I dropped him back at the dock, and rode out to, again belatedly, turn on AF's anchor light, change into dry clothing - rain suit actually, got my hand held spotlight, and returned to pick up Erin with the groceries, and then Drake with the laundry and take them home to their boat. When I returned to the pub, it was empty, so Chris, the bartender and I sat and drank a few, and told some stories, and then he and the kitchen staff locked the doors, and we did it all again, just staff, and me. And no tab! On the house Can you beat that?
When I returned to AF a few minutes ago, I thought to myself, that I am having so much fun, it should be illegal.
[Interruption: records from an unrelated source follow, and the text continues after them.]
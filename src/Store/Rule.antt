-- ===== src/Store/Rule.antt =====
-- internal/store/rule/rule.go
pub mod Toggle
use jeffrey_s_agenda_tool.Prelude.{
  Text, Bool, true, ◌&&◌, ◌==◌, not, ltb_ℤ, Option, none, some, List, [], ◌∷◌, ◌++◌, any, find,
  keep, length, update_where, if◌then◌else◌,
}
use jeffrey_s_agenda_tool.Json.{Json}
use jeffrey_s_agenda_tool.Domain.{Uuid, Time, AutomationRule}
use jeffrey_s_agenda_tool.Database.{
  Result, ok, err, unique_violation, foreign_key_violation, not_null_violation, rule_not_found,
  forbidden, nothing_deleted, no_rows, Db, Statement, account_has, rule_has,
}
use jeffrey_s_agenda_tool.Database.Cascade.{delete_rules}
use jeffrey_s_agenda_tool.Database.Order.{order_by}
use jeffrey_s_agenda_tool.Action.{Env, Action, pure, attempt, query, ◌>>=◌, ◌>>◌}
use jeffrey_s_agenda_tool.Store.Sql.{scan, select_row, select_rows, exec, or_missing, require_rows}

pub record CreateAutomationRuleParams : Type 0 where
  pub connected_account_id : Uuid
  pub name : Text
  pub trigger_conditions : Option Json
  pub action_params : Option Json

pub record UpdateRuleParams : Type 0 where
  pub rule_id : Uuid
  pub name : Text
  pub trigger_conditions : Option Json
  pub action_params : Option Json

-- A new rule is active: DEFAULT true.
abbrev pub new_rule : Time → Uuid → Uuid → Text → Json → Json → AutomationRule
new_rule now id account name trigger action = record {
  id = id;
  created_at = now;
  updated_at = now;
  connected_account_id = account;
  name = name;
  is_active = true;
  trigger_conditions = trigger;
  action_params = action;
}

-- The constraints of the table, on the row that is to be inserted.
unfoldable pub insert_row : AutomationRule → Db → Result (AutomationRule × Db)
insert_row row db =
    if any (rule_has row.id) db.automation_rules
    then err unique_violation
    else if any (account_has row.connected_account_id) db.connected_accounts
    then ok (row, record db { automation_rules = db.automation_rules ++ row ∷ [] })
    else err foreign_key_violation

-- A nil json.RawMessage is NULL, which the columns refuse.
unfoldable pub insert_fields :
    CreateAutomationRuleParams → Option Json → Option Json → Statement AutomationRule
insert_fields arg (some trigger) (some action) now id db =
    insert_row (new_rule now id arg.connected_account_id arg.name trigger action) db
insert_fields arg (some trigger) none now id db = err not_null_violation
insert_fields arg none action now id db = err not_null_violation

unfoldable pub insert_rule : CreateAutomationRuleParams → Statement AutomationRule
unfolding insert_fields insert_row
insert_rule arg = insert_fields arg arg.trigger_conditions arg.action_params

-- UPDATE automation_rules SET ... WHERE id = k RETURNING ...
unfoldable pub update_rule_row :
    Uuid → (Time → AutomationRule → AutomationRule) → Statement AutomationRule
unfolding scan
update_rule_row k change now id db =
    let rules = update_where (rule_has k) (change now) db.automation_rules in
    scan (find (rule_has k) rules) (record db { automation_rules = rules })

abbrev pub set_rule : Text → Json → Json → Time → AutomationRule → AutomationRule
set_rule name trigger action now r = record r {
  name = name;
  trigger_conditions = trigger;
  action_params = action;
  updated_at = now;
}

abbrev pub toggle : Time → AutomationRule → AutomationRule
toggle now r = record r { is_active = not r.is_active; updated_at = now }

-- NULL is refused where there is a row to update, and otherwise no row is returned.
unfoldable pub refuse_null : Uuid → Statement AutomationRule
refuse_null k now id db =
    if any (rule_has k) db.automation_rules then err not_null_violation else err no_rows

unfoldable pub update_fields :
    UpdateRuleParams → Option Json → Option Json → Statement AutomationRule
unfolding refuse_null update_rule_row
update_fields arg (some trigger) (some action) now id db =
    update_rule_row arg.rule_id (set_rule arg.name trigger action) now id db
update_fields arg (some trigger) none now id db = refuse_null arg.rule_id now id db
update_fields arg none action now id db = refuse_null arg.rule_id now id db

abbrev pub later_rule : AutomationRule → AutomationRule → Bool
later_rule r s = ltb_ℤ s.created_at r.created_at

-- The join of a rule with the account that it refers to.
abbrev pub belongs_to : Uuid → Db → AutomationRule → Bool
belongs_to user db r =
    any (λ a. a.id == r.connected_account_id && a.user_id == user) db.connected_accounts

module _ (env : Env) where
  unfoldable pub create_automation_rule : CreateAutomationRuleParams → Action AutomationRule
  create_automation_rule arg = query env (insert_rule arg)

  unfoldable pub get_rule_by_id : Uuid → Action AutomationRule
  get_rule_by_id k =
      attempt (query env (select_row (λ db. find (rule_has k) db.automation_rules)))
        (or_missing rule_not_found) pure

  unfoldable pub get_rules_for_account : Uuid → Action (List AutomationRule)
  get_rules_for_account account = query env (
      select_rows λ db.
        order_by later_rule (keep (λ r. r.connected_account_id == account) db.automation_rules))

  unfoldable pub update_rule : UpdateRuleParams → Action AutomationRule
  update_rule arg = query env (update_fields arg arg.trigger_conditions arg.action_params)

  unfoldable pub toggle_rule_status : Uuid → Action AutomationRule
  toggle_rule_status k = query env (update_rule_row k toggle)

  unfoldable pub verify_rule_ownership : Uuid → Uuid → Action (Unit {0})
  verify_rule_ownership k user = do
    attempt
        (query env
          (select_row (λ db. find (λ r. r.id == k && belongs_to user db r) db.automation_rules)))
        (or_missing forbidden) pure
    pure tt

  unfoldable pub delete_rule : Uuid → Action (Unit {0})
  delete_rule k = do
    n ← query env (
        exec (λ db. length (keep (rule_has k) db.automation_rules))
          (λ now. delete_rules (rule_has k)))
    require_rows nothing_deleted n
What a great day!
BTW, Drake and I agreed, that he will ask the Harbormaster, if his dink is not found tomorrow morning, but shows up later after his departure, to give it over to me, to ride somewhere on AF and I will find them in St Maarten, and return it to them. Hopefully it is sitting somewhere aground, in plain sight tomorrow morning, because I just don't know where I will put it for the 1000 mile trip.
The adventure with Drake has reminded me that there is no one here, waiting for me, if I don't come back to the boat, or return to shore. No one to call the authorities to start a look for me, if I fall off the dink, in rough weather, or the engine fails, and I drift out to sea in the dark. So, I am going to try to work at keeping the dink better stocked with stuff, should something like that happen. But in the end, it will be all part of my adventure.